# Market Capitalisation



## jet328 (17 May 2007)

Market capitalisation has caught me out quite a few times in the past. Its obviously one of the most important figures if you are trying to get a grasp on the fundamentals.

What's the difference between market cap. & fully diluted market cap.?

If a company is listed on the ASX and a foreign exchange, does the market cap. allow for these foreign shares?

Do you/analysts include options in your market cap?

Cheers


----------



## Broadside (17 May 2007)

you would allow for shares listed on a foreign exchange in a market cap calculation

fully diluted market cap allows for exercise of options, a straight market cap does not

probably an oversimplistic answer but the gist of it is correct (until I am corrected  )


----------



## Broadside (17 May 2007)

should have said allows for an exercise of in the money options


----------



## stoxclimber (17 May 2007)

Market Cap is actually not that important a figure. What you should be considering is market cap + debt value + any hyrids (convertables etc.) + options


----------



## KIWIKARLOS (17 May 2007)

So if a company has a market cap of 10 mill including options issued and debts.

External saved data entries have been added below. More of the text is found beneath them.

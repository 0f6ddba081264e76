-- ===== src/Subscription/Index.antt =====
-- internal/subscription/index.go: the index that the server answers from. A map from users to nodes is
-- a list of its entries.
pub mod Grouped
use sbox_manager.Common.{
  List, Option, Outcome, String, [], failure, get, if◌then◌else◌, is_empty, length, none, some,
  success, ℕ, ℤ, ◌++◌, ◌==◌, ◌∷◌,
}
use sbox_manager.Domain.Merge.{nodes_of, validate_subscription_inputs}
use sbox_manager.Domain.Models.{SubscriptionInput, SubscriptionNode}
use sbox_manager.Domain.Platform.{Platform}

pub record Index : Type 0 where
  pub built_at : ℤ
  pub sources : List String
  pub nodes : List SubscriptionNode
  pub users : List (String × List SubscriptionNode)

-- `index.Users[user] = append(index.Users[user], node)`.
unfoldable pub push_node :
    String
    → SubscriptionNode
    → List (String × List SubscriptionNode)
    → List (String × List SubscriptionNode)
push_node user node [] = (user, node ∷ []) ∷ []
push_node user node ((key, nodes) ∷ m) =
    let rest = push_node user node m in
    if key == user then (key, nodes ++ node ∷ []) ∷ m else (key, nodes) ∷ rest

-- A node without a server has the host of its input.
unfoldable pub normalized : String → SubscriptionNode → SubscriptionNode
normalized host node = if node.server == "" then record node { server = host } else node

-- The inner loop of `BuildIndexFromInputs`.
unfoldable pub index_nodes : String → Index → List SubscriptionNode → Index
index_nodes host index [] = index
index_nodes host index (node ∷ rest) =
    let n = normalized host node in
    index_nodes host
      (record index { nodes = index.nodes ++ n ∷ []; users = push_node n.user n index.users }) rest

-- The outer loop.
unfoldable pub index_inputs : Index → List SubscriptionInput → Index
index_inputs index [] = index
index_inputs index (input ∷ rest) =
    index_inputs
      (index_nodes input.external_host
        (record index { sources = index.sources ++ input.source ∷ [] }) (nodes_of input))
      rest

abbrev pub empty_index : ℤ → Index
empty_index now = record { built_at = now; sources = []; nodes = []; users = [] }

-- `BuildIndexFromInputs`.
unfoldable pub build_index_from_inputs : Platform → ℤ → List SubscriptionInput → Outcome Index
build_index_from_inputs platform now inputs =
    if is_empty (validate_subscription_inputs platform inputs)
    then success (index_inputs (empty_index now) inputs)
    else failure "validation failed"

-- `NodesForUser`.
unfoldable pub nodes_for_user : Option Index → String → List SubscriptionNode
nodes_for_user none user = []
nodes_for_user (some index) user = elim (get ◌==◌ user index.users) [
  | none ↦ []
  | some nodes ↦ nodes
]

-- `UserCount`.
unfoldable pub user_count : Option Index → ℕ
user_count none = 0
user_count (some index) = length index.users

-- `redactSecret`.
unfoldable pub redact_secret : String → String
redact_secret value = if value == "" then "" else "[REDACTED]"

The companys share price is ten cent, if they acquire a project that is worth or will earn them a certain 100M therefore their SP should increase tenfold?


----------



## Broadside (17 May 2007)

KIWIKARLOS said:


> So if a company has a market cap of 10 mill including options issued and debts.
> 
> The companys share price is ten cent, if they acquire a project that is worth or will earn them a certain 100M therefore their SP should increase tenfold?




it has been a long while since I did Business Finance/fundamental analysis at Uni and I will probably stand corrected....market cap is the value the market has placed on the equity in the company, which theoretically is the Net present value of the company.  If the company has a market cap of $10m and creates a project worth $100m then the  value of the equity increases ten fold and likewise the price assuming the market has valued it correctly (which it may not).


----------



## stoxclimber (17 May 2007)

The value of the operational side of the business is termed the "Enterprise Value" [although the EV does take into account financing effects as the debt/equity/other mix affects the Weighted Average Cost of Capital (WACC) i.e. the discount rate]. This is the total value of the business.

That value is divided amongst the firm's debt, equity, and hybrids. The value of the equity is the Enterprise Value minus all the more senior claims to the cash flows of the business (like the debt, preference shares etc.).  


An example, to respond to the previous question:
Let's say AAA is worth $100mm, with $20mm of debt and $80mm of equity. AAA acquires a project at no cost which increases the value of the company to $200mm. The value of the debt once issued essentially depends on the risk free rates + the default risk of the company. Assuming that AAA had low default risk when it was worth $100mm, the default risk will be slightly but not significantly (as it is already quite low) lower (assuming the new project is not highly risky..long story). So the debt should still be worth about $20mm. The value of the equity will make up the remainder, being $180mm - so each share will have gone up 125%.


EDIT: This is the 100% theoretical side, of course in reality with fluctuating market prices the actual picture of what's going on is confusng..


----------